# Opinel knives



## jzmtl (Feb 27, 2008)

So I finally found a local store that carry opinel knives that doesn't want $30 for one, and picked up a #8 carbon blade.

Out of the box it doesn't cut at all, the edge is, well, it dosen't have one. Where edge is suppose to be it's basically flat. After spend over 30 minutes working on it and ground it to a 30° angle however... HOLY CRAP THIS THING GETS SHARP! It's probably sharper than my spyderco centofante, which is hollow ground and sharpened at 30° as well. It slices through paper like there's nothing there. Seriously, for $12 everyone should have one of these, it's simplicity at it's best.


----------



## gunga (Feb 27, 2008)

Doesn't MEC sell Opinel? Reminds me, I have one in a drawer somewhere, should bring it out!

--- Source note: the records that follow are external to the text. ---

-- ===== src/Vm/Links.antt =====
-- Doubly linked nodes in a store, which nucleus/vm/slotmap.h (the slot list) and nucleus/vm/list.h
-- both use: a node holds the names of the previous and of the next node, and 0 names none.
pub mod Seg
pub mod Unlink
use nextnucleus.Base.{◌>>=◌, ℕ, Option, some, ◌==◌, if◌then◌else◌}

pub record Link : Type 0 where
  pub prev : ℕ
  pub next : ℕ

abbrev pub link : ℕ → ℕ → Link
link p n = record { prev = p; next = n }

-- `none` where there is no node.
abbrev pub Store : Type 0
Store = ℕ → Option Link

unfoldable pub update : Store → ℕ → Link → Store
update m p l a = if a == p then some l else m a

-- `p->next = q` and `p->prev = q`
unfoldable pub set_next : Store → ℕ → ℕ → Option Store
set_next m p q = do l ← m p; some (update m p (record l { next = q }))

unfoldable pub set_prev : Store → ℕ → ℕ → Option Store
set_prev m p q = do l ← m p; some (update m p (record l { prev = q }))

-- Takes a node with the link `l` out of its list: its neighbours are joined.
unfoldable pub unlink : Store → Link → Option Store
unfolding set_next set_prev update
unlink m l = do
  m₁ ← if l.prev == 0 then some m else set_next m l.prev l.next
  if l.next == 0 then some m₁ else set_prev m₁ l.next l.prev
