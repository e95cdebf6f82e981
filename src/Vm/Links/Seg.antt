-- ===== src/Vm/Links/Seg.antt =====
-- List segments in a store of links.
use nextnucleus.Base.{
  [], ℕ, ◌≡◌, refl, ◌∙◌, ◌≢◌, ◌⊎◌, inl, inr, some, List, ◌∷◌, ◌++◌, arith, ◌==◌, Bool-cases, ◌∈◌,
  ◌∉◌, has-append,
}
use nextnucleus.Vm.Links.{Link, Store}

-- The last of a list, or `b` if it is empty.
abbrev pub last_or : ℕ → List ℕ → ℕ
last_or b [] = b
last_or b (x ∷ xs) = last_or x xs

pub last_or-mem : (b : ℕ) (xs : List ℕ) → last_or b xs ∈ b ∷ xs
last_or-mem b [] = ground arith
last_or-mem b (x ∷ xs) = ground (arith, last_or-mem x xs)

-- From `p`, whose previous node is `back`, the links lead both ways through the distinct nodes of
-- the list to `stop`.
pub data Seg (m : Store) (stop : ℕ) : ℕ → ℕ → List ℕ → Type 0 where
  nil : {back : ℕ} → Seg m stop back stop []
  cons :
      {back p q : ℕ} {xs : List ℕ} (l : Link)
      → p ≢ 0
      → m p ≡ some l
      → l.prev ≡ back
      → l.next ≡ q
      → p ∉ xs
      → Seg m stop p q xs
      → Seg m stop back p (p ∷ xs)

-- `first` is the first node of a whole list.
abbrev pub IsList : Store → ℕ → List ℕ → Type 0
IsList m first xs = Seg m 0 0 first xs

module _ {m : Store} where
  pub Seg-nil : {stop : ℕ} (back p : ℕ) → p ≡ stop → Seg m stop back p []
  Seg-nil back p e = rw e nil

  pub eq_of_Seg-nil : {stop back p : ℕ} → Seg m stop back p [] → p ≡ stop
  eq_of_Seg-nil nil = refl

  pub Seg-cons_inv :
      {stop back p x : ℕ} {xs : List ℕ}
      → Seg m stop back p (x ∷ xs)
      → (p ≡ x)
        × (l : Link) × (x ≢ 0)
        × (m x ≡ some l)
        × (l.prev ≡ back)
        × (x ∉ xs)
        × Seg m stop x l.next xs
  Seg-cons_inv (cons l nz at prev next out rest) = (refl, l, nz, at, prev, out, rw next rest)

  pub frame :
      {m' : Store} {stop back p : ℕ} {xs : List ℕ}
      → Seg m stop back p xs
      → ((t : ℕ) → t ∈ xs → m' t ≡ m t)
      → Seg m' stop back p xs
  frame nil same = nil
  frame (cons {p = p} l nz at prev next out rest) same =
      cons l nz (same p (ground arith) ∙ at) prev next out (frame rest λ t i. same t (ground arith))

  -- A segment is a part and the rest, with a node in between.
  pub Seg-split :
      {stop : ℕ} (back p s : ℕ) (ls rs : List ℕ)
      → Seg m stop back p (ls ++ s ∷ rs)
      → (l : Link) × (m s ≡ some l)
        × (s ≢ 0)
        × (l.prev ≡ last_or back ls)
        × (s ∉ ls)
        × (s ∉ rs)
        × ((t : ℕ) → t ∈ ls → t ∉ rs)
        × Seg m s back p ls
        × Seg m stop s l.next rs
  Seg-split back p s [] rs seg =
      let (e, l, nz, at, prev, out, rest) = Seg-cons_inv seg in
      (l, at, nz, prev, refl, out, λ t i. cc, Seg-nil back p e, rest)
  Seg-split back p s (a ∷ ls) rs seg =
      let (e, k, nz, at, prev, out, rest) = Seg-cons_inv seg in
      let (l, at', nz', prev', out₁, out₂, apart, left, right) = Seg-split a k.next s ls rs rest in
      (
        l,
        at',
        nz',
        prev',
        ground (arith, has-append a ls (s ∷ rs)),
        out₂,
        λ t i. ground (arith, has-append a ls (s ∷ rs), apart t),
        rw e (cons k nz at prev refl (ground (arith, has-append a ls (s ∷ rs))) left),
        right,
      )

  pub Seg-append :
      {stop mid : ℕ} (ls rs : List ℕ) (back p : ℕ)
      → Seg m mid back p ls
      → Seg m stop (last_or back ls) mid rs
      → ((t : ℕ) → t ∈ ls → t ∉ rs)
      → Seg m stop back p (ls ++ rs)
  Seg-append [] rs back p left right apart = rw (eq_of_Seg-nil left) right
  Seg-append (a ∷ ls) rs back p left right apart =
      let (e, l, nz, at, prev, out, rest) = Seg-cons_inv left in
      rw e (
        cons l nz at prev refl (ground (arith, has-append a ls rs, apart a))
          (Seg-append ls rs a l.next rest right λ t i. apart t (ground arith)))

  -- A write to the first node that changes its `prev` moves the segment behind another node.
  pub Seg-set_prev :
      {m' : Store} {stop : ℕ} (back back' p : ℕ) (xs : List ℕ)
      → Seg m stop back p xs
      → ((l : Link) → p ∈ xs → m p ≡ some l → m' p ≡ some (record l { prev = back' }))
      → ((t : ℕ) → t ∈ xs → t ≢ p → m' t ≡ m t)
      → Seg m' stop back' p xs
  Seg-set_prev back back' p [] seg changed same = rw (eq_of_Seg-nil seg) nil
  Seg-set_prev back back' p (x ∷ xs) seg changed same =
      let (e, l, nz, at, prev, out, rest) = Seg-cons_inv seg in
      let here : m p ≡ some l = ground arith in
      rw e (
        cons (record l { prev = back' }) nz (ground (arith, changed l)) refl refl out
          (frame rest λ t i. same t (ground arith) (ground arith)))

  -- A write to the last node that changes its `next` leads the segment elsewhere.
  pub Seg-set_next :
      {m' : Store} {stop : ℕ} (stop' back p a : ℕ) (xs : List ℕ)
      → Seg m stop back p (a ∷ xs)
      → ((l : Link)
          → m (last_or a xs) ≡ some l
          → m' (last_or a xs) ≡ some (record l { next = stop' }))
      → ((t : ℕ) → t ∈ a ∷ xs → t ≢ last_or a xs → m' t ≡ m t)
      → Seg m' stop' back p (a ∷ xs)
  Seg-set_next stop' back p a [] seg changed same =
      let (e, l, nz, at, prev, out, rest) = Seg-cons_inv seg in
      rw e (cons (record l { next = stop' }) nz (changed l at) prev refl out nil)
  Seg-set_next stop' back p a (b ∷ xs) seg changed same =
      let (e, l, nz, at, prev, out, rest) = Seg-cons_inv seg in
      rw e (
        cons l nz (same a (ground arith) (λ e. ground (arith, last_or-mem b xs)) ∙ at) prev refl out
          (Seg-set_next stop' a l.next b xs rest changed λ t i ne. same t (ground arith) ne))

module _ {m : Store} where
  pub Seg-mem :
      {stop : ℕ} (t : ℕ) (xs : List ℕ) {back p : ℕ}
      → Seg m stop back p xs
      → t ∈ xs
      → (t ≢ 0) × (k : Link) × (m t ≡ some k)
  Seg-mem t [] seg i = cc
  Seg-mem t (x ∷ xs) seg i =
      let (e, l, nz, at, prev, out, rest) = Seg-cons_inv seg in
      elim (Bool-cases (t == x)) [
        | inl here ↦ let q : t ≡ x = ground arith in (rw q nz, l, rw q at)
        | inr far ↦ Seg-mem t xs rest (ground arith)
      ]

  -- The first node of a segment to 0 is 0 or one of its nodes.
  pub Seg-first : {back : ℕ} (p : ℕ) (xs : List ℕ) → Seg m 0 back p xs → (p ≡ 0) ⊎ (p ∈ xs)
  Seg-first p [] seg = inl (eq_of_Seg-nil seg)
  Seg-first p (x ∷ xs) seg = let (e, _, _, _, _, _, _) = Seg-cons_inv seg in inr (ground arith)

pub last_or_zero : (xs : List ℕ) → (xs ≡ []) ⊎ (last_or 0 xs ∈ xs)
last_or_zero [] = inl refl
last_or_zero (x ∷ xs) = inr (last_or-mem x xs)
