-- ===== src/Ingestion/Stats.antt =====
-- internal/ingestion/stats/tracker.go. Floats are a parameter, `Floats`; the clock is in nanoseconds
-- and `none` is the zero time. The goroutine's ticks are steps of their own, and so is a call of
-- AddSamples; the locks are not modelled, and Stop's wait for the goroutine is none here.
use prom_sketch_distributed.Common.{
  ℕ, ◌+◌, ◌-◌, ◌%◌, ◌^◌, Bool, true, false, Option, none, some, List, [], ◌∷◌, ◌++◌, ltb, leb, ◌==◌,
  if◌then◌else◌, length, drop, ℤ, pos, ltb_ℤ, leb_ℤ, add_uint64,
}

-- What the tracker computes in floats: a number of samples, seconds from nanoseconds, a sum, a
-- quotient, and zero.
pub record Floats (F : Type 0) : Type 0 where
  pub of_uint64 : ℕ → F
  pub seconds : ℕ → F
  pub plus : F → F → F
  pub quotient : F → F → F
  pub float_zero : F

pub record Snapshot (F : Type 0) : Type 0 where
  pub snapshot_total : ℕ
  pub rate_per_sec : F
  pub avg_rate_per_sec : F
  pub samples_in_interval : ℕ
  pub interval_seconds : F
  pub snapshot_time : Option ℕ

pub record Tracker (F : Type 0) : Type 0 where
  pub total_samples : ℕ
  pub interval : ℤ
  pub window : ℤ
  pub snapshot : Snapshot F
  pub rates : List F
  pub last_time : Option ℕ
  pub last_total : ℕ
  pub started : Bool
  pub stopped : Bool

-- One second.
abbrev pub default_interval : ℤ
default_interval = pos 1_000_000_000

abbrev empty_snapshot : {F : Type 0} → F → ℕ → Option ℕ → Snapshot F
empty_snapshot zero_rate total now = record {
  snapshot_total = total;
  rate_per_sec = zero_rate;
  avg_rate_per_sec = zero_rate;
  samples_in_interval = 0;
  interval_seconds = zero_rate;
  snapshot_time = now;
}

-- Go's difference of two uint64.
abbrev pub sub_uint64 : ℕ → ℕ → ℕ
sub_uint64 a b = (a + 2 ^ 64 - b) % 2 ^ 64

module _ {F : Type 0} where
  unfoldable pub new_tracker : F → ℤ → ℤ → Tracker F
  new_tracker zero_rate interval window = record {
    total_samples = 0;
    interval = if leb_ℤ interval (pos 0) then default_interval else interval;
    window = if ltb_ℤ window (pos 1) then pos 1 else window;
    snapshot = empty_snapshot zero_rate 0 none;
    rates = [];
    last_time = none;
    last_total = 0;
    started = false;
    stopped = false;
  }

  -- A second call does nothing, after Stop too.
  unfoldable pub start : ℕ → Tracker F → Tracker F
  start now t = if t.started then t else record t {
    started = true;
    last_time = some now;
    snapshot = record (t.snapshot) { snapshot_time = some now };
  }

  unfoldable pub stop : Tracker F → Tracker F
  stop t = if t.started then record t { stopped = true } else t

  unfoldable pub add_samples : ℕ → Tracker F → Tracker F
  add_samples n t = if n == 0 then t else record t { total_samples = add_uint64 t.total_samples n }

  -- Snapshot, at the time `now`.
  unfoldable pub get_snapshot : ℕ → Tracker F → Snapshot F
  get_snapshot now t =
      let s : Snapshot F = record (t.snapshot) { snapshot_total = t.total_samples } in
      elim s.snapshot_time [ none ↦ record s { snapshot_time = some now } | some _ ↦ s ]

  -- The window of rates with one more: the oldest goes when there are too many.
  unfoldable pub push_rate : ℤ → F → List F → List F
  push_rate window rate rates =
      let more = rates ++ rate ∷ [] in
      if ltb_ℤ window (pos (length more)) then drop 1 more else more

  unfoldable pub sum_rates : Floats F → F → List F → F
  sum_rates fl acc [] = acc
  sum_rates fl acc (r ∷ rs) = sum_rates fl ((fl.plus) acc r) rs

  unfoldable pub tick : Floats F → ℕ → Tracker F → Tracker F
  unfolding push_rate sum_rates
  tick fl now t = elim t.last_time [
    | none ↦ record t {
      last_time = some now;
      last_total = t.total_samples;
      snapshot = empty_snapshot fl.float_zero t.total_samples (some now);
    }
    | some last ↦
        let interval_sec = (fl.seconds) (now - last) in
        let samples = sub_uint64 t.total_samples t.last_total in
        let rate = (fl.quotient) ((fl.of_uint64) samples) interval_sec in
        let rates' = push_rate t.window rate t.rates in
        let sum = sum_rates fl fl.float_zero rates' in
        let avg =
          if ltb 0 (length rates')
          then (fl.quotient) sum ((fl.of_uint64) (length rates'))
          else sum in
        if leb now last then t else record t {
          rates = rates';
          snapshot = record {
            snapshot_total = t.total_samples;
            rate_per_sec = rate;
            avg_rate_per_sec = avg;
            samples_in_interval = samples;
            interval_seconds = interval_sec;
            snapshot_time = some now;
          };
          last_time = some now;
          last_total = t.total_samples;
        }
  ]
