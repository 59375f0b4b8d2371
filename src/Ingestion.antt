-- ===== src/Ingestion.antt =====
-- internal/ingestion/pipeline/pipeline.go and convert.go: a series that comes in goes to the storage
-- sample by sample, and to the forwarder's queue as a whole. VictoriaMetrics's and Prometheus's types
-- of a label, a sample and a series have the same fields, and are one type here; the deep copies are
-- element by element. A panic in the storage counts as an error of its Insert. The HTTP
-- handlers, the scrape manager, the Prometheus metrics, and the worker of the forwarder, which takes
-- its steps between the calls, are not modelled here.
pub mod Stats
pub mod Events
pub mod Rates
pub mod Counters
pub mod Received
mod Examples
use prom_sketch_distributed.Insert.Router.{Label}
use prom_sketch_distributed.Insert.Batch.{Sample, TimeSeries}
use prom_sketch_distributed.Storage.{Sketches, Storage, insert}
use prom_sketch_distributed.Ingestion.Stats.{Tracker, new_tracker, add_samples}
use prom_sketch_distributed.Forwarder.{Forwarder, forward}
use prom_sketch_distributed.Common.{
  ℕ, String, Option, none, some, List, [], ◌∷◌, if◌then◌else◌, length, pos, ok, err, add_uint64,
}

pub record PipelineMetrics : Type 0 where
  pub total_samples_received : ℕ
  pub sketch_samples_inserted : ℕ
  pub backend_samples_forwarded : ℕ
  pub errors : ℕ

pub record Pipeline (S V F : Type 0) : Type 0 where
  pub storage : Storage S
  pub forwarder : Forwarder (TimeSeries V)
  pub ingest_stats : Tracker F
  pub metrics : PipelineMetrics

unfoldable pub copy_vm_labels : List Label → List Label
copy_vm_labels [] = []
copy_vm_labels (l ∷ ls) = record { name = l.name; value = l.value } ∷ copy_vm_labels ls

-- prompbLabelsToLabels
unfoldable pub prompb_labels_to_labels : List Label → List Label
prompb_labels_to_labels [] = []
prompb_labels_to_labels (l ∷ ls) =
    record { name = l.name; value = l.value } ∷ prompb_labels_to_labels ls

-- VMMarshalLabelsToLabels
unfoldable pub vm_marshal_labels_to_labels : List Label → List Label
vm_marshal_labels_to_labels [] = []
vm_marshal_labels_to_labels (l ∷ ls) =
    record { name = l.name; value = l.value } ∷ vm_marshal_labels_to_labels ls

module _ {V : Type 0} where
  unfoldable pub copy_vm_samples : List (Sample V) → List (Sample V)
  copy_vm_samples [] = []
  copy_vm_samples (s ∷ ss) =
      record { timestamp = s.timestamp; sample_value = s.sample_value } ∷ copy_vm_samples ss

  unfoldable pub vm_prompb_to_prompb : List (TimeSeries V) → List (TimeSeries V)
  unfolding copy_vm_labels copy_vm_samples
  vm_prompb_to_prompb [] = []
  vm_prompb_to_prompb (ts ∷ tss) =
      record { labels = copy_vm_labels ts.labels; samples = copy_vm_samples ts.samples }
      ∷ vm_prompb_to_prompb tss

  unfoldable pub vm_marshal_to_prompb : List (TimeSeries V) → List (TimeSeries V)
  unfolding copy_vm_labels copy_vm_samples
  vm_marshal_to_prompb [] = []
  vm_marshal_to_prompb (ts ∷ tss) =
      record { labels = copy_vm_labels ts.labels; samples = copy_vm_samples ts.samples }
      ∷ vm_marshal_to_prompb tss

  unfoldable pub vm_marshal_ts_to_prompb : TimeSeries V → TimeSeries V
  unfolding copy_vm_labels copy_vm_samples
  vm_marshal_ts_to_prompb ts = record {
    labels = copy_vm_labels ts.labels;
    samples = copy_vm_samples ts.samples;
  }

module _ {S V F : Type 0} where
  -- NewPipeline, with the storage and the forwarder.
  unfoldable pub new_pipeline : F → Storage S → Forwarder (TimeSeries V) → Pipeline S V F
  new_pipeline zero_rate stor fwd = record {
    storage = stor;
    forwarder = fwd;
    ingest_stats = new_tracker zero_rate (pos 1_000_000_000) (pos 10);
    metrics = record {
      total_samples_received = 0;
      sketch_samples_inserted = 0;
      backend_samples_forwarded = 0;
      errors = 0;
    };
  }

  -- Metrics
  unfoldable pub pipeline_metrics : Pipeline S V F → PipelineMetrics
  pipeline_metrics p = record {
    total_samples_received = p.metrics.total_samples_received;
    sketch_samples_inserted = p.metrics.sketch_samples_inserted;
    backend_samples_forwarded = p.metrics.backend_samples_forwarded;
    errors = p.metrics.errors;
  }

  -- The forwarding at the end of processTimeSeries.
  unfoldable pub forward_series : TimeSeries V → Pipeline S V F → Pipeline S V F
  unfolding forward
  forward_series ts p =
      let m = p.metrics in
      let (f, queued) = forward p.forwarder ts in
      if queued
      then record p {
        forwarder = f;
        metrics = record m {
          backend_samples_forwarded = add_uint64 m.backend_samples_forwarded (length ts.samples);
        };
      }
      else record p { forwarder = f }

module _ {S V F : Type 0} (xxhash : String → ℕ) (get : List Label → String → String)
    (lib : Sketches S V) where
  -- One round of the loop over the samples.
  unfoldable pub process_sample : List Label → Sample V → Pipeline S V F → Pipeline S V F
  unfolding add_samples
  process_sample lbls x p =
      let m = p.metrics in
      let received : PipelineMetrics = record m {
        total_samples_received = add_uint64 m.total_samples_received 1;
      } in
      let stats = add_samples 1 p.ingest_stats in
      let (storage', r) = insert xxhash get lib p.storage lbls x.timestamp x.sample_value in
      elim r [
        | ok _ ↦ record p {
          storage = storage';
          ingest_stats = stats;
          metrics = record received {
            sketch_samples_inserted = add_uint64 m.sketch_samples_inserted 1;
          };
        }
        | err _ ↦ record p { storage = storage'; ingest_stats = stats; metrics = received }
      ]

  unfoldable pub process_samples : List Label → List (Sample V) → Pipeline S V F → Pipeline S V F
  unfolding process_sample
  process_samples lbls [] p = p
  process_samples lbls (x ∷ xs) p = process_samples lbls xs (process_sample lbls x p)

  -- processTimeSeries, whose error is always nil.
  unfoldable pub process_time_series :
      Pipeline S V F → TimeSeries V → Pipeline S V F × Option String
  unfolding process_samples forward_series prompb_labels_to_labels
  process_time_series p ts =
      let lbls = prompb_labels_to_labels ts.labels in
      (forward_series ts (process_samples lbls ts.samples p), none)

  -- Receive, which returns nil.
  unfoldable pub receive : Pipeline S V F → List (TimeSeries V) → Pipeline S V F
  unfolding process_time_series
  receive p [] = p
  receive p (ts ∷ series) =
      let (p', failed) = process_time_series p ts in
      elim failed [
        | none ↦ receive p' series
        | some _ ↦
            receive
              (record p' {
                metrics = record (p'.metrics) { errors = add_uint64 (p'.metrics).errors 1 };
              })
              series
      ]

  unfoldable pub receive_vm_time_series : Pipeline S V F → List (TimeSeries V) → Pipeline S V F
  unfolding receive vm_prompb_to_prompb
  receive_vm_time_series p tss = receive p (vm_prompb_to_prompb tss)

  unfoldable pub receive_vm_marshal_time_series :
      Pipeline S V F → List (TimeSeries V) → Pipeline S V F
  unfolding receive vm_marshal_to_prompb
  receive_vm_marshal_time_series p tss = receive p (vm_marshal_to_prompb tss)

Edit: $15 at MEC, $17.5 for the stainless one.

http://www.mec.ca/Products/product_...T<>prd_id=845524442419673&bmUID=1204149675708


----------



## jzmtl (Feb 27, 2008)

MEC is on the other side of the island right through the whole metropolitian/traffic jam area, I don't have membership either since I never shop there.


----------



## powernoodle (Feb 27, 2008)




----------



## jzmtl (Feb 27, 2008)

I ended up not using any oil because it's messy. I applied a thin layer of wax to both handle and blade, now water beads up and slide right off, and pivot is much smoother.


----------



## Russianesq (Feb 27, 2008)

*Opinel = great knife for the price :twothumbs*


----------



## cutlerylover (Feb 27, 2008)

I get my opinels from smokey mountain knife works for under $10...but you have to figure in shipping too...Hereis a vid I made on a #8 stainless with etched handle...

http://www.youtube.com/watch?v=9SQIm22ShwA


----------



## jzmtl (Feb 27, 2008)

Yep I saw that video from your other thread, it's actually what renewed my interest in opinel and went to look for one. I went for carbon steel because I never had a folder with carbon steel, and people say how it's easier to sharpen and gets sharper than stainless.


----------



## cutlerylover (Feb 28, 2008)

jzmtl said:


> Yep I saw that video from your other thread, it's actually what renewed my interest in opinel and went to look for one. I went for carbon steel because I never had a folder with carbon steel, and people say how it's easier to sharpen and gets sharper than stainless.


 
And your right! with the little extra care carbon steel needs it will really treat you well! I too want another opinel in carbon, maybe a slightly bigger one?


----------



## nerdgineer (Feb 28, 2008)

Used to have a few. The carbon steel sure got sharp (like most any good carbon steel blade), but the round cross section made the thing too fat to fit in my pocket comfortably, compared to more conventional folders of the same blade size. Good workhorse knife if you want to play peasant for a while (I always imagine some old French farmer pulling one of these out and cutting shoots off his grape vines or something), I guess....


----------



## oregon (Feb 28, 2008)

cutlerylover said:


> slightly bigger
> 
> 
> > Not carbon but bigger. Just under 20 inches overall. Locks open and closed just like the other two, garden knife stainless and walnut stainless below.
> ...


----------



## jzmtl (Feb 28, 2008)

Ever tried to EDC the first one?


----------



## Donny Dont (Feb 28, 2008)

Lee Valley carries the #6, 8, and 10 as well as the filet knive.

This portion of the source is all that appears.